Wise words from a Virginia hack.


----------



## darkstar (Sep 23, 2005)

mitch what a crack up koa what is a spyder lift ? anyone i think id like a boom/ slash bucket they can lower really heavy wood right ? now that would be a tool worth having ....dark


----------



## a_lopa (Sep 23, 2005)

bucket trucks are there for 2 reasons on a residntual tree crew.


1.you cant climb it,wether or not its climbable is disputable.

2.refer no 1


----------



## Koa Man (Sep 23, 2005)

darkstar said:


> mitch what a crack up koa what is a spyder lift ? anyone i think id like a boom/ slash bucket they can lower really heavy wood right ? now that would be a tool worth having ....dark



Here is their website. 
http://www.teupenamerica.com/products/index.htm

I intend to buy a LEO 15GT. With a width of only 30.75 inches, length of 15.7 ft., and being able to make a 360 turn in its own length, I should be able to get to most trees. They are even capable of climbing stairs, if the stairs are strong enough, like concrete or steel stairs. MSRP of that machine is $56K. I am hoping they will offer a show special discount like most vendors do at the TCI. I have $60K allotted for this purchase and shipping. If I can get it to Hawaii for that (hopefully less) it is a done deal. I am buying it. I am getting real tired of climbing coconut trees. Many of the ones we do are 60-70 ft. of trunk and the lift would put me only 10-20 ft. away from the top, a short climb. The taller lifts would be ideal, but it won't be able to pass through those stinking 36 inch gates and therefore be useless for me. I would like to find the person who decided an outside gate should be 36 inches and slowly run him or her through my Woodsman 18X.


----------



## Jumper (Sep 23, 2005)

darkstar said:


> mitch what a crack up



Lifted verbatim off someone's web site, honest! Don't think he has a bucket truck!


----------



## spike-columbia (Sep 23, 2005)

*Any other Manufactuers?*

Are there any other manufactures for this type machine?


----------



## Koa Man (Sep 24, 2005)

Their are some that are somewhat close, but do not have the ultra narrow profile of the spiderlifts. Niftylift is one example. The LEO GT50 could pass through my bedroom door.


----------



## stehansen (Sep 25, 2005)

Those back yard lifts look like they would be very efficient. I'm 52 years old and my climbing days are getting shorter and shorter.


----------



## KentuckySawyer (Sep 25, 2005)

I'm considering a 50' (approx) rear mount Sky-Worker bucket on a mid 80's GMC flatbed. Pony motor and two medium sized tool boxes. Its a truck my old employer is selling, that I operated a lot while I was there.
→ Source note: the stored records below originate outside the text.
-- ===== src/Examples/Concurrent.antt =====
-- Mint requests, and callbacks, that run at the same time.
use railway.Base.{ℕ, Option, none, ◌≡◌, refl, [], ◌∷◌, List, arith}
use railway.Base.Int.{ℤ, pos}
use railway.Text.{Text, codes, ne-nil_of_is_empty}
use railway.Http.{Request, json_response}
use railway.Idempotency.Memory.{memory_store-IsLawful}
use railway.Server.Defs.{State, Readings, MintIntentRequest}
use railway.Server.Mint.{mint_key}
use railway.Server.Mint.Steps.{arrived, responded, mint_step}
use railway.Server.Interleave.{
  arrive, interleave, looks_up_after, looks_up_between, saves_before, saves_after,
}
use railway.Server.Mint.Steps.Bound.{IsCalled, interleave-IsCalled}
use railway.Server.Mint.Steps.Race.{interleave_submits_twice}
use railway.Server.Callback.{mpesa_key}
use railway.Server.Callback.Steps as Callback
use railway.Server.Callback.Steps.{callback_step}
use railway.Server.Callback.Steps.Bound.{IsMinted, interleave-IsMinted}
use railway.Server.Callback.Steps.Race.{interleave_mints_twice}
use railway.Examples.Requests.{start_fresh}
use railway.Examples.Setting.{
  code, parts, service, retry, start, readings_at, mint_request, callback_request, payment,
}

abbrev never : ℕ → ℤ → Option Text
never i d = none

abbrev early : Request
early = mint_request (codes "k") (codes "1")

abbrev late : Request
late = mint_request (codes " k") (codes "2")

abbrev pair : List (Readings × Request)
pair = (readings_at 100, early) ∷ (readings_at 101, late) ∷ []

interleave-IsCalled_example :
    IsCalled parts service 2 0
      (interleave
        (mint_step parts service)
        (1 ∷ 0 ∷ 0 ∷ 1 ∷ 0 ∷ 1 ∷ [])
        (arrive arrived pair, start)).1.chain
interleave-IsCalled_example =
    interleave-IsCalled parts service (1 ∷ 0 ∷ 0 ∷ 1 ∷ 0 ∷ 1 ∷ []) pair start

abbrev fields : MintIntentRequest
fields = record {
  user_address = codes "1";
  amount = codes "1";
  country_code = codes "1";
  tx_ref = codes "1";
}

abbrev other_fields : MintIntentRequest
other_fields = record {
  user_address = codes "2";
  amount = codes "2";
  country_code = codes "2";
  tx_ref = codes "2";
}

interleave_submits_twice_example :
    ((interleave
        (mint_step parts service)
        (0 ∷ 0 ∷ 1 ∷ 0 ∷ 1 ∷ 1 ∷ [])
        (arrive arrived pair, start)).0
      ≡ record {
        now = readings_at 100;
        request = early;
        stage = responded (json_response 201 (codes "1submitted"));
      }
        ∷ record {
          now = readings_at 101;
          request = late;
          stage = responded (json_response 201 (codes "2submitted"));
        }
        ∷ [])
    × ((interleave
          (mint_step parts service)
          (0 ∷ 0 ∷ 1 ∷ 0 ∷ 1 ∷ 1 ∷ [])
          (arrive arrived pair, start)).1.chain
        ≡ 2)
unfolding code
interleave_submits_twice_example =
    interleave_submits_twice parts service memory_store-IsLawful _ _ (readings_at 100)
      (readings_at 101) early late fields other_fields
      (record { intent_id = codes "1"; tx_hash = [] })
      (record { intent_id = codes "2"; tx_hash = [] }) start 1 2 (looks_up_after _) saves_before
      (ne-nil_of_is_empty (mint_key early) refl) refl (start_fresh (pos 100000000000) (codes "k"))
      (start_fresh (pos 101000000000) (codes "k")) (omega arith) (refl, refl, refl, refl)
      (refl, refl, refl, refl)

-- The payment of a callback's body, whose mint has failed before: the chain has been called.
abbrev called_before : State parts
called_before = record start { chain = 5 }

abbrev callbacks : List (Readings × Request)
callbacks =
    (readings_at 100, callback_request (codes "9"))
    ∷ (readings_at 101, callback_request (codes "9"))
    ∷ []

interleave_mints_twice_example :
    ((interleave
        (callback_step parts service retry never)
        (0 ∷ 1 ∷ 0 ∷ 1 ∷ 1 ∷ 0 ∷ [])
        (arrive Callback.arrived callbacks, called_before)).0
      ≡ record {
        now = readings_at 100;
        request = callback_request (codes "9");
        stage = Callback.responded (json_response 200 (codes "processed0xhash"));
      }
        ∷ record {
          now = readings_at 101;
          request = callback_request (codes "9");
          stage = Callback.responded (json_response 200 (codes "processed0xhash"));
        }
        ∷ [])
    × ((interleave
          (callback_step parts service retry never)
          (0 ∷ 1 ∷ 0 ∷ 1 ∷ 1 ∷ 0 ∷ [])
          (arrive Callback.arrived callbacks, called_before)).1.chain
        ≡ 7)
unfolding code
interleave_mints_twice_example =
    interleave_mints_twice parts service retry never memory_store-IsLawful _ _ (readings_at 100)
      (readings_at 101) (callback_request (codes "9")) (callback_request (codes "9"))
      (payment (codes "9")) (payment (codes "9")) (record { tx_hash = codes "0xhash" })
      (record { tx_hash = codes "0xhash" }) called_before 6 7 (looks_up_between _) saves_after refl
      (start_fresh (pos 100000000000) (mpesa_key (payment (codes "9"))))
      (start_fresh (pos 101000000000) (mpesa_key (payment (codes "9")))) (omega arith)
      (refl, refl, refl, refl) (refl, refl, refl, refl)

interleave-IsMinted_example :
    IsMinted parts service retry never 12 0 0
      (interleave
        (callback_step parts service retry never)
        (1 ∷ 0 ∷ 0 ∷ 1 ∷ 0 ∷ 1 ∷ [])
        (arrive Callback.arrived callbacks, start)).1.chain
interleave-IsMinted_example =
    interleave-IsMinted parts service retry never (1 ∷ 0 ∷ 0 ∷ 1 ∷ 0 ∷ 1 ∷ []) callbacks start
The boom and all the hydraulics have all been reworked recently. He's upgrading all his old equipment and has the thing priced at 10K to start with.

It will either be the bucket, or a open top, dump bed wood hauler that we'll mount a lift gate on. I feel like a wood hauler is more needed than a bucket, but that GMC is a good deal.


----------



## darkstar (Sep 25, 2005)

i want one .... but i dont have the $$$ 56000$$$ ouch it would be great ...and crawl it into the backyards sweet heaven ..... dark


----------



## R Schra (Sep 25, 2005)

*we rent them*

I did calculate the rental hours, what we earned on overhead, and made a yearly cost we expected to buy/maintance a bucket yearly in ownership. The way for us is rental. We can get every type we need for every different type of work, we need a caterpillar for soaked fields, spider for small entrances or single trees in park, from 6 to 42 meters dependable on the tree height and flight of the boom needed. With those JLG manlifts its very easy and fast to prune a lane instead using those buckets trucks. I love doing large quantity trees with those things.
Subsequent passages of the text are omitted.